Dear Jerry,

I don't have the kind of credentials you have for entering this discussion. I'm a professional novelist who has science as a hobby. So you may want to keep that in mind as you read on.

Saturday afternoon, a small group of members of the Washington Evolutionary Systems Society (WESS) will meet in the Department of Mathematics at Georgetown University to discuss "Into the Cool". (Eric Schnieder, Alicia Juarrero, Bob Ulanowicz and myself are among the founding members of WESS.) The discussion of "Into the Cool" is open and we invite you to participate. Eric has sent us some questions he wishes us to address. Professor Prigogine spoke to WESS on several occasions and was the only honorary member of WESS. In the WESSbook group we have discussed the books of many evolutionary theorists, including the works of Prigogine, Alicia Juarrero, Ulanowicz, Rosen, and perhaps a hundred others. (Victoria: We would be delighted if you would join us!)
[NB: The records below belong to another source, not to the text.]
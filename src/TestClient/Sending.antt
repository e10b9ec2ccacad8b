-- ===== src/TestClient/Sending.antt =====
-- SendPacket: what has gone over the wire on each branch.
use game_database_server.Prelude.{
  ℕ, zero, suc, ◌≤◌, ◌≡◌, refl, sym, ap, ◌∙◌, ◌⊎◌, inl, inr, Bool, true, false, not, ◌||◌, List, [],
  ◌∷◌, ◌++◌, ◌==◌, if◌then◌else◌, length, take, drop, take-append-drop, length-drop, append_assoc,
  append-nil, arith,
}
use game_database_server.PacketManager.Defs.{is_empty}
use game_database_server.Worker.Framing.{header_of}
use game_database_server.TestClient.Network.{Network}
use game_database_server.TestClient.Session.{
  GameServerTestClient, is_connected_client, lose, sending, send_rest, send_packet,
}

module _ {A : Type 0} where
  -- Two first parts, of a list and of what is behind the first, are a first part together.
  take-take : (n m : ℕ) (xs : List A) → (k : ℕ) × (take n xs ++ take m (drop n xs) ≡ take k xs)
  take-take zero m xs = (m, refl)
  take-take (suc n) zero [] = (0, refl)
  take-take (suc n) (suc m) [] = (0, refl)
  take-take (suc n) m (x ∷ xs) = let (k, e) = take-take n m xs in (suc k, ap (λ l. x ∷ l) e)

-- The bytes went out whole; or only the first so many, and the connection counts as lost.
abbrev SentOrLost : List ℕ → GameServerTestClient → Bool × GameServerTestClient → Type 0
SentOrLost bytes c x =
    ((x.0 ≡ true) × (x.1.wire ≡ c.wire ++ bytes) × (x.1.connected ≡ c.connected))
    ⊎ ((x.0 ≡ false) × (x.1.connected ≡ false) × ((m : ℕ) × (x.1.wire ≡ c.wire ++ take m bytes)))

module _ ⦃net : Network⦄ where
  -- A call of send that took the first bytes, and what becomes of those behind them.
  moved :
      (bytes : List ℕ) (c : GameServerTestClient) (x : Bool × GameServerTestClient)
      → SentOrLost (drop (net.accepts c.sends) bytes) (sending bytes c) x
      → SentOrLost bytes c x
  moved bytes c x (inl (done, wire, kept)) =
      let n = net.accepts c.sends in
      inl (
        done,
        wire
            ∙ (append_assoc c.wire (take n bytes) (drop n bytes)
                ∙ ap (λ l. c.wire ++ l) (take-append-drop n bytes)),
        kept,
      )
  moved bytes c x (inr (failed, lost, (m, wire))) =
      let n = net.accepts c.sends in
      let (k, e) = take-take n m bytes in
      inr (
        failed,
        lost,
        (
          k,
          wire
              ∙ (append_assoc c.wire (take n bytes) (take m (drop n bytes))
                  ∙ ap (λ l. c.wire ++ l) e),
        ),
      )

  -- The error branch of a call.
  stopped :
      (bytes : List ℕ) (c : GameServerTestClient)
      → SentOrLost bytes c (false, lose (sending bytes c))
  stopped bytes c = inr (refl, refl, (net.accepts c.sends, refl))

  SentOrLost-unless :
      (bytes : List ℕ) (c : GameServerTestClient) (b : Bool) (x y : Bool × GameServerTestClient)
      → SentOrLost bytes c x
      → (b ≡ false → SentOrLost bytes c y)
      → SentOrLost bytes c (if b then x else y)
  SentOrLost-unless bytes c true x y h k = h
  SentOrLost-unless bytes c false x y h k = k refl

  shorter :
      (n fuel : ℕ) (b : ℕ) (bytes : List ℕ)
      → (n == 0) ≡ false
      → length (b ∷ bytes) ≤ suc fuel
      → length (drop n (b ∷ bytes)) ≤ fuel
  shorter n fuel b bytes e h = rw (length-drop n (b ∷ bytes)) (ground arith)

  send_rest-SentOrLost :
      (fuel : ℕ) (bytes : List ℕ) (c : GameServerTestClient)
      → length bytes ≤ fuel
      → SentOrLost bytes c (send_rest fuel bytes c)
  unfolding send_rest
  send_rest-SentOrLost zero [] c h = inl (refl, sym (append-nil c.wire), refl)
  send_rest-SentOrLost (suc fuel) [] c h = inl (refl, sym (append-nil c.wire), refl)
  send_rest-SentOrLost zero (b ∷ bytes) c h = absurd (omega arith)
  send_rest-SentOrLost (suc fuel) (b ∷ bytes) c h =
      let rest = drop (net.accepts c.sends) (b ∷ bytes) in
      let c' = sending (b ∷ bytes) c in
      SentOrLost-unless (b ∷ bytes) c (net.accepts c.sends == 0) (false, lose c')
        (send_rest fuel rest c') (stopped (b ∷ bytes) c)
        λ e.
          moved (b ∷ bytes) c (send_rest fuel rest c')
            (send_rest-SentOrLost fuel rest c' (shorter (net.accepts c.sends) fuel b bytes e h))

  -- What SendPacket has put on the wire, by what it returns.
  abbrev pub Framed : List ℕ → GameServerTestClient → Bool × GameServerTestClient → Type 0
  Framed packet c x =
      ((x.0 ≡ true)
        × (is_connected_client c ≡ true)
        × (is_connected_client x.1 ≡ true)
        × (x.1.wire ≡ (c.wire ++ take (net.accepts c.sends) (header_of (length packet))) ++ packet))
      ⊎ (((x.0 ≡ false)
            × (x.1.connected ≡ false)
            × (is_connected_client c ≡ true)
            × ((n : ℕ) × ((m : ℕ) × (x.1.wire
                    ≡ (c.wire ++ take n (header_of (length packet))) ++ take m packet))))
          ⊎ ((x ≡ (false, c)) × ((is_connected_client c ≡ false) ⊎ (packet ≡ []))))

  client_socket-if :
      (c : GameServerTestClient) (b : Bool) (x y : Bool × GameServerTestClient)
      → x.1.client_socket ≡ c.client_socket
      → y.1.client_socket ≡ c.client_socket
      → (if◌then◌else◌ {A = Bool × GameServerTestClient} b x y).1.client_socket ≡ c.client_socket
  client_socket-if c true x y h k = h
  client_socket-if c false x y h k = k

  -- The client's socket stays.
  send_rest-client_socket :
      (fuel : ℕ) (bytes : List ℕ) (c : GameServerTestClient)
      → (send_rest fuel bytes c).1.client_socket ≡ c.client_socket
  unfolding send_rest
  send_rest-client_socket zero [] c = refl
  send_rest-client_socket (suc fuel) [] c = refl
  send_rest-client_socket zero (b ∷ bytes) c = refl
  send_rest-client_socket (suc fuel) (b ∷ bytes) c =
      let c' = sending (b ∷ bytes) c in
      let rest = drop (net.accepts c.sends) (b ∷ bytes) in
      client_socket-if c (net.accepts c.sends == 0) (false, lose c') (send_rest fuel rest c') refl
        (send_rest-client_socket fuel rest c')

  connected_lem :
      (c d : GameServerTestClient)
      → is_connected_client c ≡ true
      → d.connected ≡ c.connected
      → d.client_socket ≡ c.client_socket
      → is_connected_client d ≡ true
  unfolding is_connected_client
  connected_lem c d h k s = rw (k, s) h

  body-Framed :
      (packet : List ℕ) (c : GameServerTestClient) (x : Bool × GameServerTestClient)
      → is_connected_client c ≡ true
      → x.1.client_socket ≡ c.client_socket
      → SentOrLost packet (sending (header_of (length packet)) c) x
      → Framed packet c x
  body-Framed packet c x on s (inl (done, wire, kept)) =
      inl (done, on, connected_lem c x.1 on kept s, wire)
  body-Framed packet c x on s (inr (failed, lost, (m, wire))) =
      inr (inl (failed, lost, on, (net.accepts c.sends, (m, wire))))

  Framed-if :
      (packet : List ℕ) (c : GameServerTestClient) (b : Bool) (x y : Bool × GameServerTestClient)
      → (b ≡ true → Framed packet c x)
      → (b ≡ false → Framed packet c y)
      → Framed packet c (if b then x else y)
  Framed-if packet c true x y h k = h refl
  Framed-if packet c false x y h k = k refl

  refused :
      (packet : List ℕ) (c : GameServerTestClient)
      → (not (is_connected_client c) || is_empty packet) ≡ true
      → Framed packet c (false, c)
  refused [] c h = inr (inr (refl, inr refl))
  refused (b ∷ packet) c h = inr (inr (refl, inl (ground arith)))

  on_of :
      (packet : List ℕ) (c : GameServerTestClient)
      → (not (is_connected_client c) || is_empty packet) ≡ false
      → is_connected_client c ≡ true
  on_of packet c h = ground arith

  -- SendPacket returns true only for a client that is connected and stays it, with as much of the four
  -- bytes of the size as the one call of send for them has taken, and behind it all bytes of the packet
  -- on the wire in their order; where that call takes one to three bytes the size is incomplete. It returns false with the connection given up and a first part of both
  -- on the wire, or with nothing changed where the client was not connected or the packet is empty.
  pub send_packet-Framed :
      (packet : List ℕ) (c : GameServerTestClient) → Framed packet c (send_packet packet c)
  unfolding send_packet
  send_packet-Framed packet c =
      let header = header_of (length packet) in
      let c' = sending header c in
      let rest = send_rest (length packet) packet c' in
      let body = if net.accepts c.sends == 0 then (false, lose c') else rest in
      Framed-if packet c (not (is_connected_client c) || is_empty packet) (false, c) body
        (refused packet c)
        λ h.
          let on = on_of packet c h in
          Framed-if packet c (net.accepts c.sends == 0) (false, lose c') rest
            (λ e. inr (
              inl (
                refl,
                refl,
                on,
                (
                  net.accepts c.sends,
                  (0, sym (append-nil (c.wire ++ take (net.accepts c.sends) header))),
                ),
              )))
            (λ e.
              body-Framed packet c rest on (send_rest-client_socket (length packet) packet c')
                (send_rest-SentOrLost (length packet) packet c' (omega arith)))
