-- ===== src/TestClient/Receiving.antt =====
-- ReceivePacket: what it returns on each branch, and the packet that a worker has sent.
use game_database_server.Prelude.{
  ℕ, zero, suc, ◌+◌, ◌-◌, ◌≤◌, ◌≡◌, refl, ◌∙◌, ◌⊎◌, inl, inr, Bool, true, false, not, ◌||◌, List,
  [], ◌∷◌, ◌++◌, ltb, ◌==◌, if◌then◌else◌, length, take, length-take-le, length-append, arith,
}
use game_database_server.PacketManager.Defs.{is_empty}
use game_database_server.Worker.Transfer.{packet_size_of}
use game_database_server.TestClient.Network.{Network}
use game_database_server.TestClient.Session.{
  GameServerTestClient, is_connected_client, lose, pad_header, received, receive_rest,
  receive_sized, receive_headed, receive_packet,
}

module _ ⦃net : Network⦄ where
  -- A packet of the given size with the connection kept, or nothing and the connection lost.
  abbrev SizedOrLost : ℕ → GameServerTestClient → List ℕ × GameServerTestClient → Type 0
  SizedOrLost size c x =
      ((length x.0 ≡ size) × (x.1.connected ≡ c.connected)) ⊎ ((x.0 ≡ []) × (x.1.connected ≡ false))

  SizedOrLost-unless :
      (size : ℕ) (c : GameServerTestClient) (b : Bool) (x y : List ℕ × GameServerTestClient)
      → SizedOrLost size c x
      → (b ≡ false → SizedOrLost size c y)
      → SizedOrLost size c (if b then x else y)
  SizedOrLost-unless size c true x y h k = h
  SizedOrLost-unless size c false x y h k = k refl

  length-take-nonzero :
      (n : ℕ) (xs : List ℕ) → is_empty (take (suc n) xs) ≡ false → 1 ≤ length (take (suc n) xs)
  length-take-nonzero n [] h = absurd cc
  length-take-nonzero n (x ∷ xs) h = omega arith

  receive_rest-SizedOrLost :
      (size fuel missing : ℕ) (so_far : List ℕ) (c : GameServerTestClient)
      → missing ≤ fuel
      → length so_far + missing ≡ size
      → SizedOrLost size c (receive_rest fuel missing so_far c)
  unfolding receive_rest
  receive_rest-SizedOrLost size zero zero so_far c h e = inl (omega arith, refl)
  receive_rest-SizedOrLost size (suc fuel) zero so_far c h e = inl (omega arith, refl)
  receive_rest-SizedOrLost size zero (suc missing) so_far c h e = absurd (omega arith)
  receive_rest-SizedOrLost size (suc fuel) (suc missing) so_far c h e =
      let bytes = take (suc missing) (net.arrives c.receives) in
      let most = length-take-le (suc missing) (net.arrives c.receives) in
      SizedOrLost-unless size c (is_empty bytes) ([], lose (received c))
        (receive_rest fuel (suc missing - length bytes) (so_far ++ bytes) (received c))
        (inr (refl, refl))
        λ v.
          let some_bytes = length-take-nonzero missing (net.arrives c.receives) v in
          receive_rest-SizedOrLost size fuel (suc missing - length bytes) (so_far ++ bytes)
            (received c) (omega arith) (rw (length-append so_far bytes) (omega arith))

  -- What ReceivePacket gives, by the size in the header that it has read.
  abbrev pub Sized : ℕ → GameServerTestClient → List ℕ × GameServerTestClient → Type 0
  Sized size c x =
      ((length x.0 ≡ size)
        × (1 ≤ size)
        × (size ≤ 65536)
        × (is_connected_client c ≡ true)
        × (x.1.connected ≡ true))
      ⊎ ((x.0 ≡ []) × ((x.1.connected ≡ false) ⊎ (is_connected_client c ≡ false)))

  Sized-if :
      (size : ℕ) (c : GameServerTestClient) (b : Bool) (x y : List ℕ × GameServerTestClient)
      → (b ≡ true → Sized size c x)
      → (b ≡ false → Sized size c y)
      → Sized size c (if b then x else y)
  Sized-if size c true x y h k = h refl
  Sized-if size c false x y h k = k refl

  least : (size : ℕ) → (size == 0 || ltb 65536 size) ≡ false → (1 ≤ size) × (size ≤ 65536)
  least size h = (ground arith, ground arith)

  connected_of : (c : GameServerTestClient) → is_connected_client c ≡ true → c.connected ≡ true
  unfolding is_connected_client
  connected_of c h = ground arith

  Sized-of :
      (size : ℕ) (c : GameServerTestClient) (x : List ℕ × GameServerTestClient)
      → (size == 0 || ltb 65536 size) ≡ false
      → is_connected_client c ≡ true
      → SizedOrLost size (received c) x
      → Sized size c x
  Sized-of size c x within on (inl (n, kept)) =
      inl (n, (least size within).0, (least size within).1, on, kept ∙ connected_of c on)
  Sized-of size c x within on (inr (nothing, lost)) = inr (nothing, inl lost)

  -- ReceivePacket returns a packet of 1 to 65536 bytes, as many as the header says that it has read,
  -- and keeps the connection; or it returns nothing, and the connection is given up or was not there.
  pub receive_packet-Sized :
      (c : GameServerTestClient)
      → Sized (packet_size_of (pad_header (take 4 (net.arrives c.receives)))) c (receive_packet c)
  unfolding receive_packet receive_headed receive_sized
  receive_packet-Sized c =
      let header = take 4 (net.arrives c.receives) in
      let size = packet_size_of (pad_header header) in
      let c' = received c in
      let rest = receive_rest size size [] c' in
      let sized = if size == 0 || ltb 65536 size then ([], lose c') else rest in
      let headed = if is_empty header then ([], lose c') else sized in
      Sized-if size c (not (is_connected_client c)) ([], c) headed
        (λ off. inr (refl, inr (ground arith)))
        λ on.
          Sized-if size c (is_empty header) ([], lose c') sized (λ e. inr (refl, inl refl))
            λ some_bytes.
              Sized-if size c (size == 0 || ltb 65536 size) ([], lose c') rest
                (λ e. inr (refl, inl refl))
                λ within.
                  Sized-of size c rest within (ground arith)
                    (receive_rest-SizedOrLost size size size [] c' (omega arith) (omega arith))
Thanks for invitation. It sounds like a fascinating group. I mentioned (I think) in my first post that I haven't finished reading _Into the Cool_ yet. As I read further I see similarities between their idea that complex systems are "fueled by the gradient" and Peirce's notion that difference (which must spontaneously arise from sameness) drives complexity. Perhaps not incidently, it's also not so dissimilar from Hebraic creation myths which say that the universe began when the void was separated into day and night.

If I were wise, I would wait until I finished the book before discussing it. But I'm not wise, only anxious to be set straight. It seems to me that S & S's thesis in Into the Cool is this: The purpose of complex systems is to reduce the gradient. The second law of thermodynamics is responsible for the rise of complex systems. The latter statement must be a product of my misreading and I'm trying to correct it. Laws don't cause things: they are merely statements about the global effects of local mechanisms.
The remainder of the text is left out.